> Stored data entries
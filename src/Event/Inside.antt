-- ===== src/Event/Inside.antt =====
-- Whole frames in `wslay_event_recv`, by their place in a message.
use wslay.Prelude.{
  ℕ, ◌^◌, ◌≤◌, ◌<◌, ◌≡◌, ◌≢◌, refl, sym, ap, subst, ◌∙◌, true, false, not, ◌==◌, some, List, [],
  ◌∷◌, ◌++◌, arith, length, length-append, bit_and,
}
use wslay.Protocol.{connection_close, ping}
use wslay.Utf8.{utf8_accept, utf8_reject}
use wslay.Event.Context.{EventContext, User, config_no_buffering}
use wslay.Event.Send.{again}
use wslay.Event.Recv.{OnMsgRecvArg, RecvCallbacks, imsg, begin_frame}
use wslay.Event.Chunks.{concat}
use wslay.Event.View.{view, pick, IsObserver, text_state}
use wslay.Event.Pieces.{Slot, IsPlace}
use wslay.Event.Finish.{IsBetween, IsBlank, IsReset, IsOver, passed, finish_frame-IsBetween}
use wslay.Event.Deliver.{finish_frame-passed}
use wslay.Event.Start.{Begins, begin-control}
use wslay.Event.Cuts.{piece, frame_iocbs, receive_all, frame-InFrame}
use wslay.Event.Script.{IsControl, unchecked, IsFrameCut, accept-ne_reject}

module _ {W : Type 0} (on : RecvCallbacks W) (log : User W → List OnMsgRecvArg)
    (obs : IsObserver on log) where
  -- A frame that ends a message of the given place.
  pub last_frame :
      (k : Slot) (op opcode : ℕ) (m : List ℕ) (ps : List (List ℕ)) (ctx : EventContext W)
      → bit_and k.config config_no_buffering ≡ 0
      → (op == connection_close) ≡ false
      → (op == 0xff) ≡ false
      → ((op == ping) ≡ true → length (m ++ concat ps) ≤ 125)
      → IsFrameCut ps
      → k.max < 2 ^ 64
      → length (m ++ concat ps) ≤ k.max
      → text_state op (m ++ concat ps) ≡ utf8_accept
      → k.server ≡ ctx.server
      → ((p : List ℕ)
          → (c : EventContext W) × (begin_frame (piece 1 opcode (length (concat ps)) k.server p) ctx
              ≡ some (true, c))
            × Begins on log obs k op m 1 c
            × (c.user ≡ ctx.user))
      → (c : EventContext W) × (receive_all on (frame_iocbs 1 opcode k.server ps) ctx ≡ again c)
        × IsOver k (view c)
        × (log c.user ≡ log ctx.user ++ passed op (m ++ concat ps) ∷ [])
  last_frame k op opcode m ps ctx keep not_close used short cut max fits accepts role begins =
      let n = length (concat ps) in
      let (iocb, t, e, v, same) =
        frame-InFrame on log obs k op m n keep
          (omega (arith, fits, length-append m (concat ps), max)) not_close used 1 opcode ps ctx
          cut.0 refl cut.1 (accept-ne_reject accepts) max
          (omega (arith, fits, length-append m (concat ps))) role begins in
      let (c, f, over, told) =
        finish_frame-passed on log obs k op m n iocb (concat ps) t keep not_close short refl accepts
          v in
      (c, e ∙ f, over, told ∙ ap (λ x. x ++ passed op (m ++ concat ps) ∷ []) same)

  -- A frame that does not.
  pub inner_frame :
      (k : Slot) (op opcode : ℕ) (m : List ℕ) (ps : List (List ℕ)) (ctx : EventContext W)
      → bit_and k.config config_no_buffering ≡ 0
      → (op == connection_close) ≡ false
      → (op == 0xff) ≡ false
      → IsFrameCut ps
      → k.max < 2 ^ 64
      → length (m ++ concat ps) ≤ k.max
      → text_state op (m ++ concat ps) ≢ utf8_reject
      → k.server ≡ ctx.server
      → ((p : List ℕ)
          → (c : EventContext W) × (begin_frame (piece 0 opcode (length (concat ps)) k.server p) ctx
              ≡ some (true, c))
            × Begins on log obs k op m 0 c
            × (c.user ≡ ctx.user))
      → (c : EventContext W) × (receive_all on (frame_iocbs 0 opcode k.server ps) ctx ≡ again c)
        × IsBetween op (m ++ concat ps) (imsg c)
        × IsPlace k 0 0 (view c)
        × (log c.user ≡ log ctx.user)
  inner_frame k op opcode m ps ctx keep not_close used cut max fits alive role begins =
      let n = length (concat ps) in
      let (iocb, t, e, v, same) =
        frame-InFrame on log obs k op m n keep
          (omega (arith, fits, length-append m (concat ps), max)) not_close used 0 opcode ps ctx
          cut.0 refl cut.1 alive max (omega (arith, fits, length-append m (concat ps))) role
          begins in
      let (c, f, between, place, told) =
        finish_frame-IsBetween on log obs k op m n iocb (concat ps) t refl v in
      (c, e ∙ f, between, place, told ∙ same)

  -- A control message between two frames leaves the message that it comes in.
  pub control_inside :
      (k : Slot) (op : ℕ) (m : List ℕ) (o : ℕ) (ps : List (List ℕ)) (ctx : EventContext W)
      → bit_and k.config config_no_buffering ≡ 0
      → k.max < 2 ^ 64
      → (op == 0xff) ≡ false
      → IsControl o
      → k.second ≡ false
      → IsBlank k.other
      → IsFrameCut ps
      → length (concat ps) ≤ 125
      → length (concat ps) ≤ k.max
      → IsBetween op m (imsg ctx)
      → IsPlace k 0 0 (view ctx)
      → (c : EventContext W) × (receive_all on (frame_iocbs 1 o k.server ps) ctx ≡ again c)
        × IsBetween op m (imsg c)
        × IsReset c.imsgs.1
        × IsPlace (record k { other = c.imsgs.1 }) 0 0 (view c)
        × (log c.user ≡ log ctx.user ++ passed o (concat ps) ∷ [])
  control_inside k op m o ps ctx keep max used q slot blank cut short fits between place =
      let k2 : Slot = record {
        config = k.config;
        max = k.max;
        server = k.server;
        second = true;
        other = imsg ctx;
      } in
      let (c, e, over, told) =
        last_frame k2 o o [] ps ctx keep q.not_close q.used (λ _. short) cut max fits
          (unchecked o (concat ps) q.not_text) (sym place.server)
          (λ p.
            begin-control on log obs k op m (piece 1 o (length (concat ps)) k.server p) ctx used
              q.kind q.not_next refl slot blank between place) in
      let kept : imsg c ≡ imsg ctx = ap (λ b. pick b c.imsgs) over.first ∙ over.other in
      (
        c,
        e,
        subst (IsBetween op m) (sym kept) between,
        over.reset,
        record {
          config = over.config;
          max = over.max;
          server = over.server;
          second = over.first ∙ sym slot;
          other = ap (λ b. pick (not b) c.imsgs) over.first;
          len = over.len;
          off = over.off;
        },
        told,
      )
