-- ===== src/Event/Messages.antt =====
-- The first message that `wslay_event_recv` passes to the user: a data message in any number of
-- fragments, with a control message between them, or a control message.
use wslay.Prelude.{ℕ, ◌≡◌, Bool, true, false, ◌==◌, List}
use wslay.Protocol.{connection_close}
use wslay.Event.Context.{EventContext, User}
use wslay.Event.Recv.{OnMsgRecvArg, RecvCallbacks}
use wslay.Event.View.{IsObserver}
use wslay.Event.Pieces.{Slot}
use wslay.Event.Start.{starts}

module _ {W : Type 0} (on : RecvCallbacks W) (log : User W → List OnMsgRecvArg)
    (obs : IsObserver on log) where
  record IsStart (op : ℕ) : Type 0 where
    not_close : (op == connection_close) ≡ false
    used : (op == 0xff) ≡ false
    kind : starts op ≡ true

  -- The place of a message that begins in an idle context.
  abbrev first_slot : ℕ → Bool → EventContext W → Slot
  first_slot max server ctx = record {
    config = ctx.config;
    max = max;
    server = server;
    second = false;
    other = ctx.imsgs.1;
  }
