-- ===== src/Event/Priority.antt =====
-- Which message `wslay_event_send` takes up when control messages wait.
use wslay.Prelude.{
  ◌≡◌, refl, sym, ap, subst, ◌∙◌, ◌⊎◌, inl, inr, Bool, true, false, ◌==◌, Bool-cases, if◌then◌else◌,
  Option, none, some, List, [], ◌∷◌, arith, bit_and,
}
use wslay.Protocol.{connection_close, is_ctrl_frame}
use wslay.Event.Context.{MsgType, non_fragmented, fragmented, Omsg, EventContext, close_queued}
use wslay.Event.Send.{
  drop_to_close, pop_first, send_ctrl_queue_pop, on_non_fragmented_msg_popped, take_up, take_ctrl,
  take_ctrl_first, choose_new, interrupts, choose_from, choose, is_prep_header, is_empty,
}

module _ {W : Type 0} where
  -- No frame is under way: there is no message, or a data message is between two of its frames.
  abbrev pub IsBetween : EventContext W → Type 0
  IsBetween ctx =
      (ctx.omsg ≡ none)
      ⊎ ((m : Omsg W) × (ctx.omsg ≡ some m)
          × (is_ctrl_frame m.opcode ≡ false)
          × (is_prep_header ctx.frame_ctx.output.ostate ≡ true))

  -- The data messages in the order in which they are sent, the one under way first.
  abbrev pub line_of : Option (Omsg W) → List (Omsg W) → List (Omsg W)
  line_of none ms = ms
  line_of (some m) ms = m ∷ ms

  abbrev pub data_line : EventContext W → List (Omsg W)
  data_line ctx = line_of ctx.omsg ctx.send_queue

  -- The control messages from a close frame on.
  abbrev pub from_close : List (Omsg W) → List (Omsg W)
  from_close [] = []
  from_close (m ∷ ms) = if m.opcode == connection_close then m ∷ ms else from_close ms

  -- The control messages that may still be sent.
  abbrev pub ctrl_line : EventContext W → List (Omsg W)
  ctrl_line ctx =
      if bit_and ctx.close_status close_queued == 0
      then ctx.send_ctrl_queue
      else from_close ctx.send_ctrl_queue

  -- The first of `line` is taken up, and the others wait; the loop ends if there is none.
  abbrev pub Takes : List (Omsg W) → Bool × EventContext W → Type 0
  Takes [] (going, ctx) = (going ≡ false) × (ctx.omsg ≡ none) × (ctx.send_ctrl_queue ≡ [])
  Takes (c ∷ cs) (going, ctx) =
      (going ≡ true)
      × ((m : Omsg W) × (ctx.omsg ≡ some m) × (m.opcode ≡ c.opcode) × (m.bytes ≡ c.bytes))
      × (ctx.send_ctrl_queue ≡ cs)

  -- A control message is taken up, and no data message is lost or overtaken.
  pub record TakesCtrl (before : EventContext W) (after : Bool × EventContext W) : Type 0 where
    pub ctrl : Takes (ctrl_line before) after
    pub behind : after.1.send_queue ≡ data_line before

  -- What a pop of the control queue returns and leaves.
  abbrev PopsLine : List (Omsg W) → Option (Omsg W) → List (Omsg W) → Type 0
  PopsLine [] o q = (o ≡ none) × (q ≡ [])
  PopsLine (c ∷ cs) o q = (o ≡ some c) × (q ≡ cs)

  pop_first-PopsLine : (cs : List (Omsg W)) → PopsLine cs (pop_first cs).0 (pop_first cs).1
  unfolding pop_first
  pop_first-PopsLine [] = (refl, refl)
  pop_first-PopsLine (m ∷ ms) = (refl, refl)

  drop_to_close-PopsLine :
      (cs : List (Omsg W)) → PopsLine (from_close cs) (drop_to_close cs).0 (drop_to_close cs).1
  unfolding drop_to_close
  drop_to_close-PopsLine [] = (refl, refl)
  drop_to_close-PopsLine (m ∷ ms) = elim (Bool-cases (m.opcode == connection_close)) [
    | inl close ↦ rw close (refl, refl)
    | inr other ↦ rw other (drop_to_close-PopsLine ms)
  ]

  ctrl_pop-PopsLine :
      (ctx : EventContext W)
      → PopsLine
          (ctrl_line ctx)
          (send_ctrl_queue_pop ctx).0
          (send_ctrl_queue_pop ctx).1.send_ctrl_queue
  unfolding send_ctrl_queue_pop
  ctrl_pop-PopsLine ctx = elim (Bool-cases (bit_and ctx.close_status close_queued == 0)) [
    | inl before ↦ rw before (pop_first-PopsLine ctx.send_ctrl_queue)
    | inr closing ↦ rw closing (drop_to_close-PopsLine ctx.send_ctrl_queue)
  ]

  take_up-Takes :
      (t : MsgType) (c : Omsg W) (cs : List (Omsg W)) (ctx : EventContext W)
      → ctx.send_ctrl_queue ≡ cs
      → Takes (c ∷ cs) (true, take_up t c ctx) × ((take_up t c ctx).send_queue ≡ ctx.send_queue)
  unfolding take_up on_non_fragmented_msg_popped
  take_up-Takes non_fragmented c cs ctx e =
      ((refl, (record c { fin = 1 }, refl, refl, refl), e), refl)
  take_up-Takes fragmented c cs ctx e = ((refl, (c, refl, refl, refl), e), refl)

  -- A popped message is taken up, in either branch.
  abbrev Taken : List (Omsg W) → EventContext W → Bool × EventContext W → Type 0
  Taken line ctx after = Takes line after × (after.1.send_queue ≡ ctx.send_queue)

  take_ctrl-Taken :
      (line : List (Omsg W)) (o : Option (Omsg W)) (ctx : EventContext W)
      → PopsLine line o ctx.send_ctrl_queue
      → Taken line ctx (take_ctrl o ctx)
  unfolding take_ctrl
  take_ctrl-Taken [] none ctx h = ((refl, refl, h.1), refl)
  take_ctrl-Taken [] (some m) ctx h = absurd (ground (arith, h.0))
  take_ctrl-Taken (c ∷ cs) o ctx h =
      subst (λ p. Taken (c ∷ cs) ctx (take_ctrl p ctx)) (sym h.0)
        (take_up-Takes c.type c cs ctx h.1)

  take_ctrl_first-Taken :
      (line : List (Omsg W)) (o : Option (Omsg W)) (ctx : EventContext W)
      → PopsLine line o ctx.send_ctrl_queue
      → Taken line ctx (take_ctrl_first o ctx)
  unfolding take_ctrl_first on_non_fragmented_msg_popped
  take_ctrl_first-Taken [] none ctx h = ((refl, refl, h.1), refl)
  take_ctrl_first-Taken [] (some m) ctx h = absurd (ground (arith, h.0))
  take_ctrl_first-Taken (c ∷ cs) o ctx h =
      subst (λ p. Taken (c ∷ cs) ctx (take_ctrl_first p ctx)) (sym h.0)
        ((refl, (record c { fin = 1 }, refl, refl, refl), h.1), refl)

  popped_queue : (ctx : EventContext W) → (send_ctrl_queue_pop ctx).1.send_queue ≡ ctx.send_queue
  unfolding send_ctrl_queue_pop
  popped_queue ctx = refl

  choose_new-Taken :
      (cs ms : List (Omsg W)) (ctx : EventContext W)
      → is_empty cs ≡ false
      → Taken (ctrl_line ctx) ctx (choose_new cs ms ctx)
  unfolding choose_new
  choose_new-Taken [] ms ctx h = absurd (ground (arith, h))
  choose_new-Taken (c ∷ cs) ms ctx h =
      let taken =
        take_ctrl-Taken (ctrl_line ctx) (send_ctrl_queue_pop ctx).0 (send_ctrl_queue_pop ctx).1
          (ctrl_pop-PopsLine ctx) in
      (taken.0, taken.1 ∙ popped_queue ctx)

  -- With control messages waiting and no frame under way, a round takes up the first of them, or
  -- the first close frame once one is queued, and drops what is before it; the data messages all
  -- wait, the one that was under way in front.
  pub choose-TakesCtrl :
      (ctx : EventContext W)
      → IsBetween ctx
      → is_empty ctx.send_ctrl_queue ≡ false
      → TakesCtrl ctx (choose ctx)
  unfolding choose choose_from interrupts
  choose-TakesCtrl ctx (inl e) some_ctrl =
      let taken = choose_new-Taken ctx.send_ctrl_queue ctx.send_queue ctx some_ctrl in
      record {
        ctrl = subst (λ o. Takes (ctrl_line ctx) (choose_from o ctx)) (sym e) taken.0;
        behind =
            ap (λ o. (choose_from o ctx).1.send_queue) e
            ∙ taken.1
            ∙ sym (ap (λ o. line_of o ctx.send_queue) e);
      }
  choose-TakesCtrl ctx (inr (m, e, plain, between)) some_ctrl =
      let back = record ctx { send_queue = m ∷ ctx.send_queue } in
      let (next, ctx') = send_ctrl_queue_pop back in
      let taken = take_ctrl_first-Taken (ctrl_line ctx) next ctx' (ctrl_pop-PopsLine back) in
      let now : interrupts m ctx ≡ true = rw (plain, between, some_ctrl) refl in
      let chosen : choose_from ctx.omsg ctx ≡ take_ctrl_first next ctx' =
        ap (λ o. choose_from o ctx) e
        ∙ ap (λ b. if b then take_ctrl_first next ctx' else (true, ctx)) now in
      record {
        ctrl = subst (Takes (ctrl_line ctx)) (sym chosen) taken.0;
        behind =
            ap (λ p. p.1.send_queue) chosen
            ∙ taken.1
            ∙ popped_queue back
            ∙ sym (ap (λ o. line_of o ctx.send_queue) e);
      }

> Task description
Reproduce each line from the data that has "plain" in it.

> Response to the task
  choose-TakesCtrl ctx (inr (m, e, plain, between)) some_ctrl =
      let now : interrupts m ctx ≡ true = rw (plain, between, some_ctrl) refl in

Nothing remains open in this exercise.